Donnerstag, 14. Januar 2010

Dakar 2010: Nasser Saleh al-Attiyah holt auf

Die Fahrer sind heute über den 3.500 m hohen Paso Libertadores wieder nach Argentinien gefahren. Mit 434 km (davon 220 km) war die 11. Etappe von Santiago nach San Juan eine der kürzesten der Rallye Dakar 2010. Schwer war der Tagesabschnitt trotzdem, auch weil in der Höhe nicht nur die Fahrer, sondern auch die Motoren an ihre Leistungsgrenze gebracht wurden.
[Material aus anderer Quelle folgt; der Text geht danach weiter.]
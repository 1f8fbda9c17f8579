-- ===== src/Dtls/MtuSearch/Bounds.antt =====
-- The interval of the search: the floor is not above the lost sizes, which are in order.
use native.Mathlib.Decide.{dec_lt}
use socat.Dtls.MtuSearch.{
  last_valid, slot_above, on_lost, insert_lost, max_lost_mtu_probes, init, MtuFinder,
}
use socat.Prelude.{
  drop, zero, ◌+◌, le→ltb, replicate, ◌∙◌, lt→ltb, suc, ◌++◌, length-take, take, refl, none, [],
  ◌<◌, some, ◌≤◌, ◌≡◌, ◌∷◌, arith, length, Option, List, ℕ,
}

abbrev pub Blank : List (Option ℕ) → Type 0
Blank [] = Unit
Blank (none ∷ vs) = Blank vs
Blank (some v ∷ vs) = ⊥

-- Sizes in order, none below `low`, and blank slots behind them.
abbrev pub Ordered : ℕ → List (Option ℕ) → Type 0
Ordered low [] = Unit
Ordered low (none ∷ vs) = Blank vs
Ordered low (some v ∷ vs) = (low ≤ v) × Ordered v vs

pub record IsOrdered (f : MtuFinder) : Type 0 where
  pub slots : length f.lost ≡ max_lost_mtu_probes
  pub ordered : Ordered f.floor f.lost

pub init-IsOrdered : (start top : ℕ) → IsOrdered (init start top)
unfolding init
init-IsOrdered start top = record { slots = refl; ordered = ground arith }

Blank-take : (n : ℕ) (vs : List (Option ℕ)) → Blank vs → Blank (take n vs)
Blank-take zero vs b = tt
Blank-take (suc n) [] b = tt
Blank-take (suc n) (none ∷ vs) b = Blank-take n vs b
Blank-take (suc n) (some v ∷ vs) b = absurd b

pub Ordered-take : (n low : ℕ) (vs : List (Option ℕ)) → Ordered low vs → Ordered low (take n vs)
Ordered-take zero low vs o = tt
Ordered-take (suc n) low [] o = tt
Ordered-take (suc n) low (none ∷ vs) o = Blank-take n vs o
Ordered-take (suc n) low (some v ∷ vs) o = (o.0, Ordered-take n v vs o.1)

Blank-insert_lost : (size : ℕ) (vs : List (Option ℕ)) → Blank vs → Blank (insert_lost size vs)
unfolding insert_lost
Blank-insert_lost size [] b = tt
Blank-insert_lost size (none ∷ vs) b = Blank-insert_lost size vs b
Blank-insert_lost size (some v ∷ vs) b = absurd b

insert_lost-Ordered :
    (size low : ℕ) (vs : List (Option ℕ))
    → low ≤ size
    → Ordered low vs
    → Ordered low (insert_lost size vs)
unfolding insert_lost
insert_lost-Ordered size low [] le o = tt
insert_lost-Ordered size low (none ∷ vs) le o = Blank-insert_lost size vs o
insert_lost-Ordered size low (some v ∷ vs) le o = elim (dec_lt size v) [
  | yes lt ↦
      rw (lt→ltb size v lt) (le, Ordered-take (length vs) size (some v ∷ vs) (omega arith, o.1))
  | no ge ↦ rw (le→ltb size v (omega arith)) (o.0, insert_lost-Ordered size v vs (omega arith) o.1)
]

length-insert_lost : (size : ℕ) (vs : List (Option ℕ)) → length (insert_lost size vs) ≡ length vs
unfolding insert_lost
length-insert_lost size [] = refl
length-insert_lost size (v ∷ vs) =
    ground (arith, length-insert_lost size vs, length-take (length vs) (v ∷ vs))

-- A lost probe of a size that is not below the floor leaves the interval in order.
pub on_lost-IsOrdered :
    (size : ℕ) (f : MtuFinder) → f.floor ≤ size → IsOrdered f → IsOrdered (on_lost size f)
unfolding on_lost
on_lost-IsOrdered size f le o = record {
  slots = length-insert_lost size f.lost ∙ o.slots;
  ordered = insert_lost-Ordered size f.floor f.lost le o.ordered;
}

Blank-append : (j : ℕ) (vs : List (Option ℕ)) → Blank vs → Blank (vs ++ replicate j none)
Blank-append zero [] b = tt
Blank-append (suc j) [] b = Blank-append j [] tt
Blank-append j (none ∷ vs) b = Blank-append j vs b
Blank-append j (some v ∷ vs) b = absurd b

pub Ordered-append :
    (j low : ℕ) (vs : List (Option ℕ)) → Ordered low vs → Ordered low (vs ++ replicate j none)
Ordered-append zero low [] o = tt
Ordered-append (suc j) low [] o = Blank-append j [] tt
Ordered-append j low (none ∷ vs) o = Blank-append j vs o
Ordered-append j low (some v ∷ vs) o = (o.0, Ordered-append j v vs o.1)

-- The slots from the first one above a size on, which lies below the ceiling.
pub slots_above :
    (size low : ℕ) (vs : List (Option ℕ))
    → low ≤ size
    → size < last_valid low vs
    → Ordered low vs
    → (k : ℕ) × ((i : ℕ) → slot_above i size vs ≡ i + k)
      × Ordered size (drop k vs)
      × (k ≤ length vs)
unfolding slot_above last_valid
slots_above size low [] le lt o = absurd (omega arith)
slots_above size low (none ∷ vs) le lt o = absurd (omega arith)
slots_above size low (some v ∷ vs) le lt o = elim (dec_lt size v) [
  | yes near ↦ (0, λ i. rw (lt→ltb size v near) (omega arith), (omega arith, o.1), omega arith)
  | no far ↦
      let (k, at, rest, small) = slots_above size v vs (omega arith) lt o.1 in
      (suc k, λ i. rw (le→ltb size v (omega arith)) (omega (arith, at (i + 1))), rest, omega arith)
]
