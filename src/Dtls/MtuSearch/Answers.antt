-- ===== src/Dtls/MtuSearch/Answers.antt =====
-- What an answer to a probe does to the interval of the search.
use socat.Dtls.MtuSearch.Bounds.{Ordered-append, Ordered-take, Ordered, slots_above, IsOrdered}
use socat.Dtls.MtuSearch.{
  slot_above, on_lost, ceiling, on_acked, repeat_lost, MtuFinder, reject_hard, last_valid,
  insert_lost,
}
use socat.Prelude.{
  refl, length-replicate, length-drop, length-append, replicate, ◌++◌, none, [], ◌∙◌, length-take,
  ◌∷◌, ◌+◌, arith, drop, some, ◌≡◌, take, ◌<◌, length, Option, List, ◌≤◌, ℕ,
}

module _ (size : ℕ) (f : MtuFinder) where
  kept_slots : ℕ → List (Option ℕ)
  kept_slots k = take (length f.lost) (drop k f.lost ++ replicate k none)

  length-kept_slots : (k : ℕ) → k ≤ length f.lost → length (kept_slots k) ≡ length f.lost
  unfolding kept_slots
  length-kept_slots k h = omega (
    arith,
    length-take (length f.lost) (drop k f.lost ++ replicate k none),
    length-append (drop k f.lost) (replicate k none),
    length-drop k f.lost,
    length-replicate {A = Option ℕ} k none,
  )

  acked-result :
      (k : ℕ)
      → f.floor ≤ size
      → slot_above 0 size f.lost ≡ 0 + k
      → ((on_acked size f).floor ≡ size) × ((on_acked size f).lost ≡ kept_slots k)
  unfolding on_acked kept_slots
  acked-result k le e =
      let z : slot_above 0 size f.lost ≡ k = omega (arith, e) in (ground arith, rw z refl)

  -- An acknowledged probe of at least the floor and below the ceiling becomes the floor, and leaves
  -- the interval in order.
  pub on_acked-IsOrdered :
      f.floor ≤ size
      → size < ceiling f
      → IsOrdered f
      → IsOrdered (on_acked size f) × ((on_acked size f).floor ≡ size)
  unfolding ceiling
  on_acked-IsOrdered le lt o =
      let (k, at, rest, small) = slots_above size f.floor f.lost le lt o.ordered in
      let (raised, kept) = acked-result k le (at 0) in
      (
        record {
          slots = rw kept (length-kept_slots k small ∙ o.slots);
          ordered =
              rw (raised, kept)
                (unfold kept_slots in
                  Ordered-take (length f.lost) size (drop k f.lost ++ replicate k none)
                    (Ordered-append k size (drop k f.lost) rest));
        },
        raised,
      )

-- three lost probes of one size on three slots
lost_slots :
    (size low a b c : ℕ)
    → low ≤ size
    → a ≤ b
    → b ≤ c
    → size < c
    → last_valid low
        (insert_lost size (insert_lost size (insert_lost size (some a ∷ some b ∷ some c ∷ []))))
      ≡ size
unfolding insert_lost last_valid
lost_slots size low a b c le ab bc lt = ground arith

lost_slots_two :
    (size low a b : ℕ)
    → low ≤ size
    → a ≤ b
    → size < b
    → last_valid low
        (insert_lost size (insert_lost size (insert_lost size (some a ∷ some b ∷ none ∷ []))))
      ≡ size
unfolding insert_lost last_valid
lost_slots_two size low a b le ab lt = ground arith

lost_slots_one :
    (size low a : ℕ)
    → low ≤ size
    → size < a
    → last_valid low
        (insert_lost size (insert_lost size (insert_lost size (some a ∷ none ∷ none ∷ []))))
      ≡ size
unfolding insert_lost last_valid
lost_slots_one size low a le lt = ground arith

lost_three :
    (size low : ℕ) (vs : List (Option ℕ))
    → length vs ≡ 3
    → Ordered low vs
    → low ≤ size
    → size < last_valid low vs
    → last_valid low (insert_lost size (insert_lost size (insert_lost size vs))) ≡ size
unfolding last_valid
lost_three size low [] e o le lt = absurd (omega arith)
lost_three size low (none ∷ vs) e o le lt = absurd (omega arith)
lost_three size low (some a ∷ []) e o le lt = absurd (omega arith)
lost_three size low (some a ∷ v ∷ []) e o le lt = absurd (omega arith)
lost_three size low (some a ∷ v ∷ w ∷ x ∷ vs) e o le lt = absurd (omega arith)
lost_three size low (some a ∷ none ∷ none ∷ []) e o le lt = lost_slots_one size low a le lt
lost_three size low (some a ∷ none ∷ some c ∷ []) e o le lt = absurd o.1
lost_three size low (some a ∷ some b ∷ none ∷ []) e o le lt =
    lost_slots_two size low a b le o.1.0 lt
lost_three size low (some a ∷ some b ∷ some c ∷ []) e o le lt =
    lost_slots size low a b c le o.1.0 o.1.1.0 lt

-- A hard rejection of a size of at least the floor and below the ceiling makes it the ceiling at once.
pub reject_hard-ceiling :
    (size : ℕ) (f : MtuFinder)
    → IsOrdered f
    → f.floor ≤ size
    → size < ceiling f
    → ceiling (reject_hard size f) ≡ size
unfolding reject_hard repeat_lost on_lost ceiling
reject_hard-ceiling size f o le lt = lost_three size f.floor f.lost o.slots o.ordered le lt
Eine 20 km lange Abfahrt verlangte dann den Bremsen alles ab. Abder die Techniker hatten aber alle sim Griff und von den insgesamt 185 sich noch im Rennen befindlichen Fahrzeugen fielen nur 3 aus.

Auto
Ein BMW gewann heute. Guerlain Chicherit (F/BMW) gelang der erste Etappensieg, was ihn in der Gesamtwertung weiterhin auf Platz 5 belässt. Interessant war es hinter dem Zweiten, Orlando Terranova (ARG/Mitsubishi), und Dritten, Giniel de Villiers (RSA/VW), denn da ging es zwischen Carlos Sainz und Nasser Saleh al-Attiyah um die Gesamtwertung. Diesmal war der Katarer al-Attiyah der schnellere und nahm dem Neunten, Sainz, über 5,5 Minuten ab. So hat der Spanier nur noch 4:28 min Vorsprung. Dritter in der Gesamtwertung bleibt der Amerikaner Mark Miller, der 23:50 min hinter Carlos Sainz liegt.

Motorrad
Bei den Bikes war wieder einmal Marc Coma (KTM) der Schnellste. Der Spanier fuhr einen Vorsprung von über 5 Minuten David Fretigne (F/Yamaha) und Frans Verhoeven (NL/BMW) herausm, hat ja aber in der Gesamtwertung keine Chance mehr. Ohne seine 6:22 Std.-Strafe wäre der Spanier nur 22:26 min hinter Spitzenreiter Cyril Despres auf Platz 2. So kann der Franzose einsam seine Kreise ziehen und hat 80 Minuten Vorsprung auf den Rest.

Trucks
Firdaus Kabirow kam zum 3. Etappensieg, Was für die Gesamtwertung aber kaum eine Auswirkung hatte. Wladimir Schagin folgte nur 32 Sekunden später. So führen die beiden russischen KAMAZ-Fahrer weiter deutlich vor der Konkurrenz, wobei auch Kabirow keine echte Chance gegen Schagin hat.

Quads
Bei denkleinen Vierrädern kam gestern Sebastian Halpern (ARG/Yamaha) vor seinen beiden Landsmännern und Markengefährten Alejandro und Marcos Patronelli ins Ziel. Marcos führt weiter klar fast 2,5 Stunden Vorsprung auf seinen Bruder Alejandro.